Equiparação

Plano de cargos e salários: como afeta a equiparação

Maryon Portes
Maryon Portes 21 de junho de 2026 · 7 min de leitura

O plano de cargos e salários pode excluir a equiparação salarial quando é válido. Entenda quando ele vale, quando é só de fachada e o que o trabalhador pode questionar.

Plano de cargos e salários: como afeta a equiparação

Resumo rápido: o plano de cargos e salários (ou quadro de carreira) é um conjunto de regras da empresa que define cargos, faixas de salário e critérios de promoção. Quando o plano é válido e cumprido, ele pode excluir a equiparação salarial (art. 461, parágrafos 2º e 3º, da CLT), porque as diferenças passam a seguir os critérios do próprio plano. Quando é só de fachada, tende a não impedir nada.

Muita gente recebe a notícia de que “tem plano de cargos na empresa, então não cabe equiparação” e acha que o assunto acabou ali. Não é bem assim. A existência do plano importa, sim — mas só quando ele cumpre certos requisitos. Neste texto, a equipe da Maryon Portes Advocacia, em Balneário Camboriú/SC, explica em linguagem simples o que é o plano de cargos, quando ele afeta a equiparação e o que o trabalhador pode questionar.

O que é o plano de cargos e salários

O plano de cargos e salários, também chamado de quadro de carreira, é um conjunto de regras internas que a empresa cria para organizar quem faz o quê e quanto recebe. Em resumo, ele costuma trazer três coisas:

  • Os cargos existentes e o que cada um faz (auxiliar, assistente, analista, coordenador e por aí vai).
  • As faixas salariais de cada cargo ou nível (quanto a posição paga, com um piso e um teto).
  • Os critérios de promoção — como alguém passa de um nível para outro, ou de um cargo para outro.

A ideia é dar previsibilidade. Em vez de o salário depender só da conversa com o chefe, ele segue uma estrutura: quem entra em determinado cargo sabe quanto ganha e, em tese, sabe o que precisa para subir. Esse desenho de carreira é o coração do plano.

Por que o plano importa para a equiparação salarial

A equiparação salarial está no art. 461 da CLT. A regra geral é direta: duas pessoas que fazem a mesma função, com a mesma produtividade e qualidade, na mesma empresa e no mesmo estabelecimento, devem receber salário igual — respeitados os requisitos da lei.

Acontece que o próprio art. 461 abre uma exceção. Os parágrafos 2º e 3º dizem que, quando o empregador tem quadro de carreira ou adota plano de cargos e salários, as promoções devem obedecer aos critérios desse plano. Na prática, isso significa que, havendo plano válido, as diferenças de salário entre colegas passam a ser explicadas pelos critérios do plano — e não por uma desigualdade que a lei considera injusta.

É aí que está o ponto: um plano válido pode excluir a equiparação, porque a diferença salarial deixa de ser “sem motivo” e passa a seguir uma regra objetiva (tempo de casa e desempenho, por exemplo). Por outro lado, se o plano não é válido ou não é cumprido, ele não tem esse efeito.

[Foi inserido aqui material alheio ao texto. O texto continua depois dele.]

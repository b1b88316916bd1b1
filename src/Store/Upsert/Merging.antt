-- ===== src/Store/Upsert/Merging.antt =====
-- The table after a snapshot is stored: what UPDATE and INSERT in chunks amount to.
use delegation_strategy.Prelude.{
  ℕ, ◌≡◌, refl, sym, ap, ap₂, ◌∙◌, String, true, ◌&&◌, Option, none, Option-cases, inl, inr, List,
  [], ◌∷◌, ◌++◌, HashMap, map, flat_map, keep, keep-eq_of_All, keep_idem, All-imp, All-get_self,
  map-eq_of_All, get, contains, contains-add, string_discrete, All, DistinctKeys, map_id, is_some,
  chunks, flat_map-chunks, arith,
}
use delegation_strategy.Store.Query.{ok}
use delegation_strategy.Store.Upsert.{
  Upsert, Columns, apply, existing_vote_accounts, update_of, updated_identities, new_row, is_new,
  insertion_of, statements, upsert, default_chunk_size,
}
use delegation_strategy.Store.Upsert.Steps.{
  apply_all, execute-eq-apply_all, apply_all-append, apply_all-insertions,
}
use delegation_strategy.Store.Upsert.Merged.{
  IsOwn, merged_row, merged, updated_row, chosen_row, updated_row-eq, own, chosen_row-append,
}

module _ {R I : Type 0} (columns : Columns R I) (snapshot : Upsert I)
    (all_own : All (IsOwn columns snapshot) snapshot.validators)
    (keys : DistinctKeys string_discrete snapshot.validators) where
  apply_all-updates :
      (cs : List (List String)) (rows : List R)
      → apply_all columns snapshot (map (update_of columns snapshot) cs) rows
        ≡ map (chosen_row columns snapshot (flat_map (λ c. c) cs)) rows
  unfolding apply contains
  apply_all-updates [] rows = sym (map_id _ rows (λ r. refl))
  apply_all-updates (c ∷ cs) rows = apply_all-updates cs _ ∙ updates c (flat_map (λ n. n) cs) rows
    where
      updates :
          (ms ns : List String) (rs : List R)
          → map (chosen_row columns snapshot ns) (map (updated_row columns snapshot ms) rs)
            ≡ map (chosen_row columns snapshot (ms ++ ns)) rs
      updates ms ns [] = refl
      updates ms ns (r ∷ rs) =
          ap₂ (λ x xs. x ∷ xs)
            (ap (chosen_row columns snapshot ns)
                (updated_row-eq columns snapshot (own columns snapshot all_own keys) ms r)
              ∙ chosen_row-append columns snapshot all_own keys ms ns r)
            (updates ms ns rs)

  existing-own :
      (rows all : List R)
      → ((va : String)
          → contains string_discrete va (existing_vote_accounts columns snapshot rows) ≡ true
          → contains string_discrete va (existing_vote_accounts columns snapshot all) ≡ true)
      → All
          (λ r.
            chosen_row columns snapshot (existing_vote_accounts columns snapshot all) r
            ≡ merged_row columns snapshot r)
          rows
  unfolding contains
  existing-own [] all h = tt
  existing-own (r ∷ rows) all h = (
    ground (arith, h (columns.row_account r)),
    existing-own rows all (λ va e. h va (ground arith)),
  )

  contains-updated_identities :
      (va : String) (names : List String)
      → contains string_discrete va (updated_identities columns snapshot names) ≡ (
          contains string_discrete va names && is_some (get string_discrete va snapshot.validators))
  unfolding contains updated_identities
  contains-updated_identities va [] = refl
  contains-updated_identities va (n ∷ names) =
      let later = contains-updated_identities va names in
      elim (Option-cases (get string_discrete n snapshot.validators)) [
        | inl e ↦ ground (arith, e, later, moved)
        | inr (v, e) ↦ ground (
          arith,
          e,
          later,
          moved,
          contains-add string_discrete n va (updated_identities columns snapshot names),
        )
      ]
    where
      moved :
          n ≡ va
          → get string_discrete n snapshot.validators ≡ get string_discrete va snapshot.validators
      moved p = ap (λ x. get string_discrete x snapshot.validators) p

  is_new-updated :
      (existing : List String)
      → keep
          (is_new columns snapshot (updated_identities columns snapshot existing))
          snapshot.validators
        ≡ keep (is_new columns snapshot existing) snapshot.validators
  is_new-updated existing = keep-eq_of_All _ _ snapshot.validators (
      All-imp _ _ snapshot.validators
        (λ e found. ground (arith, found, contains-updated_identities e.0 existing))
        (All-get_self string_discrete snapshot.validators keys))

  existing_row :
      (rows : List R)
      → map (chosen_row columns snapshot (existing_vote_accounts columns snapshot rows)) rows
        ≡ map (merged_row columns snapshot) rows
  existing_row rows = map-eq_of_All _ _ rows (existing-own rows rows (λ va e. e))

  apply_all-statements :
      (rows : List R)
      → apply_all columns snapshot (statements columns snapshot rows) rows
        ≡ merged columns snapshot rows
  unfolding statements merged
  apply_all-statements rows =
      apply_all-append columns snapshot
        (map (update_of columns snapshot) (chunks default_chunk_size existing))
        (map (insertion_of columns snapshot updated) (chunks default_chunk_size fresh)) rows
      ∙ apply_all-insertions columns snapshot updated (chunks default_chunk_size fresh) _
      ∙ ap₂ (λ xs ys. xs ++ map (new_row columns snapshot) ys)
          (apply_all-updates (chunks default_chunk_size existing) rows
            ∙ ap (λ ns. map (chosen_row columns snapshot ns) rows)
                (flat_map-chunks default_chunk_size existing)
            ∙ existing_row rows)
          (ap (keep (is_new columns snapshot updated)) (flat_map-chunks default_chunk_size fresh)
            ∙ keep_idem (is_new columns snapshot updated) snapshot.validators
            ∙ is_new-updated existing)
    where
      existing : List String
      existing = existing_vote_accounts columns snapshot rows

      updated : List String
      updated = updated_identities columns snapshot existing

      fresh : HashMap String I
      fresh = keep (is_new columns snapshot updated) snapshot.validators

  -- When no statement fails, storing a snapshot whose validators have distinct vote accounts, stand
  -- under them and have the snapshot's epoch, gives the merged table: each row of the epoch takes its
  -- validator's values and keeps its creation time, all other rows stay, and each validator that had no
  -- row for the epoch has a new one at the end; neither the chunks nor the order of the statements matter.
  pub upsert-eq-merged :
      {E : Type 0} (fails : ℕ → Option E) (rows : List R)
      → ((k : ℕ) → fails k ≡ none)
      → upsert columns snapshot fails rows ≡ (merged columns snapshot rows, ok tt)
  unfolding upsert
  upsert-eq-merged fails rows h =
      execute-eq-apply_all columns snapshot fails 0 (statements columns snapshot rows) rows h
      ∙ ap (λ t. (t, ok tt)) (apply_all-statements rows)
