-- ===== src/Store/Jito/Composed.antt =====
-- A collected snapshot, stored.
use delegation_strategy.Prelude.{
  ℕ, ◌≡◌, ap, Option, none, All, All-map, DistinctKeys, DistinctKeys-map, string_discrete,
}
use delegation_strategy.Store.Query.{Result, ok}
use delegation_strategy.Store.Dto.Scalars.{DateTime}
use delegation_strategy.Store.Upsert.{Columns}
use delegation_strategy.Store.Dto.Rows.{ValidatorJitoMevInfo, ValidatorJitoPriorityFeeInfo}
use delegation_strategy.Store.Upsert.Merged.{IsOwn, merged}
use delegation_strategy.Store.Upsert.Merging.{upsert-eq-merged}
use delegation_strategy.Collect.Jito.{
  JitoAccountType, mev_tip_distribution, priority_fee_distribution, JitoSnapshot,
  get_mev_validators, get_priority_fee_validators,
}
use delegation_strategy.Collect.Jito.Accounts.{Layout, Fetch, collect_jito_info}
use delegation_strategy.Collect.Jito.Reading.{
  IsEntry, get_mev_validators-IsMevEntry, get_priority_fee_validators-IsPriorityFeeEntry,
  collect_jito_info-IsCollected,
}
use delegation_strategy.Store.Jito.{
  mev_columns, priority_fee_columns, mev_of_snapshot, priority_fee_of_snapshot, mev_upsert,
  priority_fee_upsert, Tables, store_jito, store_mev, store_priority_fee, StoredRow,
}

-- The columns, as a snapshot writes them.
abbrev pub at_mev : JitoSnapshot → Columns (StoredRow ValidatorJitoMevInfo) ValidatorJitoMevInfo
at_mev s = mev_columns s.epoch s.created_at s.loaded_at_slot_index

abbrev pub at_priority_fee :
    JitoSnapshot → Columns (StoredRow ValidatorJitoPriorityFeeInfo) ValidatorJitoPriorityFeeInfo
at_priority_fee s = priority_fee_columns s.epoch s.created_at s.loaded_at_slot_index

mev_upsert-IsOwn :
    (s : JitoSnapshot)
    → All (IsEntry s.epoch) s.validators
    → All (IsOwn (at_mev s) (mev_upsert s)) (mev_upsert s).validators
      × DistinctKeys string_discrete (mev_upsert s).validators
unfolding mev_upsert mev_of_snapshot
mev_upsert-IsOwn s h =
    let (keys, own) = get_mev_validators-IsMevEntry s h in
    (
      All-map _ _ (get_mev_validators s) own,
      DistinctKeys-map string_discrete mev_of_snapshot (get_mev_validators s) keys,
    )

priority_fee_upsert-IsOwn :
    (s : JitoSnapshot)
    → All (IsEntry s.epoch) s.validators
    → All (IsOwn (at_priority_fee s) (priority_fee_upsert s)) (priority_fee_upsert s).validators
      × DistinctKeys string_discrete (priority_fee_upsert s).validators
unfolding priority_fee_upsert priority_fee_of_snapshot
priority_fee_upsert-IsOwn s h =
    let (keys, own) = get_priority_fee_validators-IsPriorityFeeEntry s h in
    (
      All-map _ _ (get_priority_fee_validators s) own,
      DistinctKeys-map string_discrete priority_fee_of_snapshot (get_priority_fee_validators s)
          keys,
    )

-- The table of the account type, with the snapshot merged in; the other one as it was.
abbrev pub merged_tables : JitoSnapshot → JitoAccountType → Tables → Tables
merged_tables s mev_tip_distribution tables = record tables {
  mev = merged (at_mev s) (mev_upsert s) tables.mev;
}
merged_tables s priority_fee_distribution tables = record tables {
  jito_priority_fee = merged (at_priority_fee s) (priority_fee_upsert s) tables.jito_priority_fee;
}

store_jito-eq-merged_tables :
    {E : Type 0} (fails : ℕ → Option E) (s : JitoSnapshot) (account_type : JitoAccountType)
    (tables : Tables)
    → ((k : ℕ) → fails k ≡ none)
    → All (IsEntry s.epoch) s.validators
    → store_jito fails s account_type tables ≡ (merged_tables s account_type tables, ok tt)
unfolding store_jito store_mev store_priority_fee mev_upsert priority_fee_upsert
store_jito-eq-merged_tables fails s mev_tip_distribution tables h e =
    let (own, keys) = mev_upsert-IsOwn s e in
    ap (λ r. (record tables { mev = r.0 }, r.1))
      (upsert-eq-merged (at_mev s) (mev_upsert s) own keys fails tables.mev h)
store_jito-eq-merged_tables fails s priority_fee_distribution tables h e =
    let (own, keys) = priority_fee_upsert-IsOwn s e in
    ap (λ r. (record tables { jito_priority_fee = r.0 }, r.1))
      (upsert-eq-merged (at_priority_fee s) (priority_fee_upsert s) own keys fails
        tables.jito_priority_fee h)

-- A collected snapshot that is stored without a failing statement is merged into the table of its
-- account type: each row of the snapshot's epoch takes its validator's values, each validator without
-- such a row has a new one at the end, and all other rows and the other table stay as they were.
pub collect_jito_info-store_jito :
    {E D F : Type 0} (fetch : Fetch E D) (tips fees : Layout E D) (override : Option ℕ)
    (created_at : DateTime) (epoch_info : Result E (ℕ × ℕ)) (account_type : JitoAccountType)
    (snapshot : JitoSnapshot) (fails : ℕ → Option F) (tables : Tables)
    → collect_jito_info fetch tips fees override created_at epoch_info account_type ≡ ok snapshot
    → ((k : ℕ) → fails k ≡ none)
    → store_jito fails snapshot account_type tables
      ≡ (merged_tables snapshot account_type tables, ok tt)
collect_jito_info-store_jito fetch tips fees override created_at epoch_info account_type snapshot
      fails tables e h =
    store_jito-eq-merged_tables fails snapshot account_type tables h
      (collect_jito_info-IsCollected fetch tips fees override created_at epoch_info account_type
        snapshot e).1.1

Plano de cargos e salários

O que faz um plano de cargos ser válido

Não basta a empresa dizer que tem um plano. Para afastar a equiparação, o plano precisa cumprir alguns requisitos construídos pela lei e pela jurisprudência. Os principais são:

  • Critérios objetivos. As regras de promoção precisam ser claras e mensuráveis, não vagas. “Promove quem o gestor achar” não é critério objetivo.
  • Promoções alternadas por antiguidade e merecimento. A Súmula 6 do TST trata desse ponto: o quadro de carreira deve prever promoções de forma alternada, ora por antiguidade (tempo de casa), ora por merecimento (desempenho). Não dá para a empresa usar só um dos critérios quando convém.
  • Aplicação real. O plano precisa ser efetivamente cumprido. Um plano lindo no papel, mas que nunca gera promoção, não cumpre sua função.

Sobre a forma, a reforma trabalhista de 2017 trouxe uma mudança importante: o plano de cargos pode ser instituído por norma interna da empresa ou por negociação coletiva, ficando dispensada a homologação por órgão público. Ou seja, hoje a empresa não precisa registrar o plano no Ministério do Trabalho para ele valer. O que continua decidindo é o conteúdo: critérios reais, alternância entre antiguidade e merecimento e cumprimento no dia a dia.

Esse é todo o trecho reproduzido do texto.